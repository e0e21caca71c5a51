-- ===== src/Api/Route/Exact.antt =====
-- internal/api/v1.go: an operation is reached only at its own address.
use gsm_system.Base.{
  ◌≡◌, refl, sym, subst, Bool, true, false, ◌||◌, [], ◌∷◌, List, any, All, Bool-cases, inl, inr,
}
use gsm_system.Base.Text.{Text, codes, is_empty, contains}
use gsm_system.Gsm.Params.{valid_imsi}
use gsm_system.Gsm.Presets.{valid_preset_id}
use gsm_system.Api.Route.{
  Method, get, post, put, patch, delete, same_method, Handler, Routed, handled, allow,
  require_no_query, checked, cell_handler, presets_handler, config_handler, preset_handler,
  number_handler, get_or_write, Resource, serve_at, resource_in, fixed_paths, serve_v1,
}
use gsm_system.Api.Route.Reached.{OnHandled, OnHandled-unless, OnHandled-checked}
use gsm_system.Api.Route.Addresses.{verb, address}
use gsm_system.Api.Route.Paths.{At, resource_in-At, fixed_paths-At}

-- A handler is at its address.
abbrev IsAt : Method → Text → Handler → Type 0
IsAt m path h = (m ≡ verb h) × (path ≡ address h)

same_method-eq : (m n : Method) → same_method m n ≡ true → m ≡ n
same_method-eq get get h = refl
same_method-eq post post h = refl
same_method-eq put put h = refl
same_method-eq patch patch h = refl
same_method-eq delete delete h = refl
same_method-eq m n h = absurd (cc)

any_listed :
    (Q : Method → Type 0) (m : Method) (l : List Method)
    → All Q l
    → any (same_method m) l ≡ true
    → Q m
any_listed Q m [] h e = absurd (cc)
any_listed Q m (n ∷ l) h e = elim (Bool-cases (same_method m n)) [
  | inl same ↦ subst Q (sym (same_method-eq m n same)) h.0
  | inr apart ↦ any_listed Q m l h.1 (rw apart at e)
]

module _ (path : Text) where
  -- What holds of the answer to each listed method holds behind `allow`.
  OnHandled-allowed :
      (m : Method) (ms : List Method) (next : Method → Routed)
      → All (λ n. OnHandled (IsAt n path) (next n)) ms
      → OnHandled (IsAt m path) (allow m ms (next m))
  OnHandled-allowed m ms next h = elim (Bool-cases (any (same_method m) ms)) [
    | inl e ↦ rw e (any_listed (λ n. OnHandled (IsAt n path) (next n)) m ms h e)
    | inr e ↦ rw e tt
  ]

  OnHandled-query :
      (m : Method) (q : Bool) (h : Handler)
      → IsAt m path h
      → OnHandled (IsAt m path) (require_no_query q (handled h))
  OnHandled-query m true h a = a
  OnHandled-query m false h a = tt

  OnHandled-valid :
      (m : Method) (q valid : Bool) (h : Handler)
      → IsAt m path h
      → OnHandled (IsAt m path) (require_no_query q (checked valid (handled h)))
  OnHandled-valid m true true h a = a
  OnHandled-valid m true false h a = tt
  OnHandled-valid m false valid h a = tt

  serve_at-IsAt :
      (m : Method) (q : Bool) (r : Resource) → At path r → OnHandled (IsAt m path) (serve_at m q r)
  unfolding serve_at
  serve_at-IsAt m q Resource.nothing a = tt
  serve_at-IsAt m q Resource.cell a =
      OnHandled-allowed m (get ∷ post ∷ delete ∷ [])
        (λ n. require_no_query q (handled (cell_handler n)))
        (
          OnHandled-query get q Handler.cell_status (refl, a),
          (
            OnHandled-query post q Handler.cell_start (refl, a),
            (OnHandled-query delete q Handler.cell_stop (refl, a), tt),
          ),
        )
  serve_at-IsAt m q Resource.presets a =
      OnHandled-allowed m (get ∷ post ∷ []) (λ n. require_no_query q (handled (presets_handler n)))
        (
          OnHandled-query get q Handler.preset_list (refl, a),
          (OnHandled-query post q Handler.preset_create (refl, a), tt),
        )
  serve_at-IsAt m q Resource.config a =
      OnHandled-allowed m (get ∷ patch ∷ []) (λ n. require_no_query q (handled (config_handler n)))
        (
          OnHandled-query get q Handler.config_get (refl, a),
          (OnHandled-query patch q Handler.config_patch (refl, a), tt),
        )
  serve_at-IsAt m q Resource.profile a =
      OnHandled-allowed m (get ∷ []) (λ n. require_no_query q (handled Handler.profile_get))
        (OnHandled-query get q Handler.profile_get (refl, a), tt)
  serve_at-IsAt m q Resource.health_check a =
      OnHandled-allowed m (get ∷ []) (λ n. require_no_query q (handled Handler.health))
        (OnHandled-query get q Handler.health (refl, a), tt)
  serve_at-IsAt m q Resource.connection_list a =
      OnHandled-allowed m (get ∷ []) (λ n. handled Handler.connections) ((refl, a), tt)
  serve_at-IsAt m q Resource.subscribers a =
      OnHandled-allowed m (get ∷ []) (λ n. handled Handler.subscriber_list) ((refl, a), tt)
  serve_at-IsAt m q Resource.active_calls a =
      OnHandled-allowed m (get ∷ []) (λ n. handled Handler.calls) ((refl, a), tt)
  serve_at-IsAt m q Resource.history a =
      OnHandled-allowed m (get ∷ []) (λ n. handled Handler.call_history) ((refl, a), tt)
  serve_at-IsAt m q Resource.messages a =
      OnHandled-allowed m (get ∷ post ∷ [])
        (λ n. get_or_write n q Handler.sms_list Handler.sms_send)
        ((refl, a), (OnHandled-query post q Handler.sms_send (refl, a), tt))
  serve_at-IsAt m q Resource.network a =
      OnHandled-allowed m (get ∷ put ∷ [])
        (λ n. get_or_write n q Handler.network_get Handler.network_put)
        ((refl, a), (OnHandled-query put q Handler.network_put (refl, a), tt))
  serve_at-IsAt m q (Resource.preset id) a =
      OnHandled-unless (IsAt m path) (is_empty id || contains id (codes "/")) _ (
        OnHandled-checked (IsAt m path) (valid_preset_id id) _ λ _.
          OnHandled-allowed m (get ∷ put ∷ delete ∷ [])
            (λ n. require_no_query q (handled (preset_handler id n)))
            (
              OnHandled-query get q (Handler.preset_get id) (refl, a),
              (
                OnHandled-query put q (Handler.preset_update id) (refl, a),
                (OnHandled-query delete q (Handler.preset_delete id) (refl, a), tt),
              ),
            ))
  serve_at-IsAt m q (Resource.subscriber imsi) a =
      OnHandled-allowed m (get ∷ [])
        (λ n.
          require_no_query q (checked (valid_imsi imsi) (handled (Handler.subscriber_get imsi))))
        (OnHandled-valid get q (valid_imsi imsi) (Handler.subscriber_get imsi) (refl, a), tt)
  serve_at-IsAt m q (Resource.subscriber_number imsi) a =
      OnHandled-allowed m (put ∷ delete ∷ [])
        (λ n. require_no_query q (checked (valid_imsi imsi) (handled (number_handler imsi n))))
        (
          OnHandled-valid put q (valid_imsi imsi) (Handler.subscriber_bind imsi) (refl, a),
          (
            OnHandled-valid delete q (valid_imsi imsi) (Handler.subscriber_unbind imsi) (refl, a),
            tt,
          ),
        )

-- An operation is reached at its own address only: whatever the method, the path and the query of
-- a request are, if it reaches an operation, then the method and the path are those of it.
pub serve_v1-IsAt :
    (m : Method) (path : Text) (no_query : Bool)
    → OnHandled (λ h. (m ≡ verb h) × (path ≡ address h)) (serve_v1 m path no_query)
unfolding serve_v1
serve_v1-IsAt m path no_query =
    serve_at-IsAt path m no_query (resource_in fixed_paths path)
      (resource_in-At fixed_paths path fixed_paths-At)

---

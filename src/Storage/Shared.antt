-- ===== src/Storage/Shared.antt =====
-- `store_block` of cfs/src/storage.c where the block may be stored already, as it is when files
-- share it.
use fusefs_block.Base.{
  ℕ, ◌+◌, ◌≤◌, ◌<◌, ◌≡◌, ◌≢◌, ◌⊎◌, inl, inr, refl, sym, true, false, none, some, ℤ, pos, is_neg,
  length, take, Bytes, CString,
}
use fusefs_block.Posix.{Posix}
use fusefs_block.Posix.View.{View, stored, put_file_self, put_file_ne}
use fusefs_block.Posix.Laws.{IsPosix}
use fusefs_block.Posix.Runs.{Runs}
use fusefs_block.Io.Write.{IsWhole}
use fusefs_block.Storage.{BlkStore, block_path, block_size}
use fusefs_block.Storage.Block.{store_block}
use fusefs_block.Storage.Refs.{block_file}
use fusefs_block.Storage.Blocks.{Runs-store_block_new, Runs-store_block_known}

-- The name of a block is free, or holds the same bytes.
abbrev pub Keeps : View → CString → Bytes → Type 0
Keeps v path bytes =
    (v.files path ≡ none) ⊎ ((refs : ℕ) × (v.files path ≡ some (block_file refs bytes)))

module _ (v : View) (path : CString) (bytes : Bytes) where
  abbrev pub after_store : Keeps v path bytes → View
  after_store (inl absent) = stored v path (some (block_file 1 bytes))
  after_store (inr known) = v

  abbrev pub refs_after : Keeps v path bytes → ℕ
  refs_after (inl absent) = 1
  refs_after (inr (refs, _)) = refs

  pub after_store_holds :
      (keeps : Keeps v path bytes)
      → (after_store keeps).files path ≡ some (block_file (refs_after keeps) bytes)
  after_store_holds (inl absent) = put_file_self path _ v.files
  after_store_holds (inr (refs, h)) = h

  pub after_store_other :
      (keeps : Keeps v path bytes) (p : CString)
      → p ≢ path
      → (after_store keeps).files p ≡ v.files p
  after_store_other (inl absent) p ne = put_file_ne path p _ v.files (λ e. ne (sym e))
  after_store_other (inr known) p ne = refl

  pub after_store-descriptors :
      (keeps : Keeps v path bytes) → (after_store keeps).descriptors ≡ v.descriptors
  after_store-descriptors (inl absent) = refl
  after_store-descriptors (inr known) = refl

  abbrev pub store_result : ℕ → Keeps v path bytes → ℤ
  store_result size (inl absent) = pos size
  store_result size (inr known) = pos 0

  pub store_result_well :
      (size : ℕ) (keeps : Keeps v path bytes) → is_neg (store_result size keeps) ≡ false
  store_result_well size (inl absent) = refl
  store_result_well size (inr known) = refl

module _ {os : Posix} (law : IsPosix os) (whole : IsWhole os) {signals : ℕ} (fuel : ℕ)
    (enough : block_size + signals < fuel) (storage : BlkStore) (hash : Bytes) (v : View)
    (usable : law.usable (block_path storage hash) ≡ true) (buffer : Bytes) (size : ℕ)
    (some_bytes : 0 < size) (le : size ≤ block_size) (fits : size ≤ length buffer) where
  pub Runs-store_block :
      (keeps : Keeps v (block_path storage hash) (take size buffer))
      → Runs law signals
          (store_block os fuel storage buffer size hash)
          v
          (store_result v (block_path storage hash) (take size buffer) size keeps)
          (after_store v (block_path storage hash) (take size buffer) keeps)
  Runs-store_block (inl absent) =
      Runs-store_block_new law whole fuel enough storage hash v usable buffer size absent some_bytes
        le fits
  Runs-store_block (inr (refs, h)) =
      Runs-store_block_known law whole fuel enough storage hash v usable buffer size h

- [Task objective]:
Lines that contain the string "IsWhole" should be copied from the material above.

- [Output of the task]:
use fusefs_block.Io.Write.{IsWhole}
module _ {os : Posix} (law : IsPosix os) (whole : IsWhole os) {signals : ℕ} (fuel : ℕ)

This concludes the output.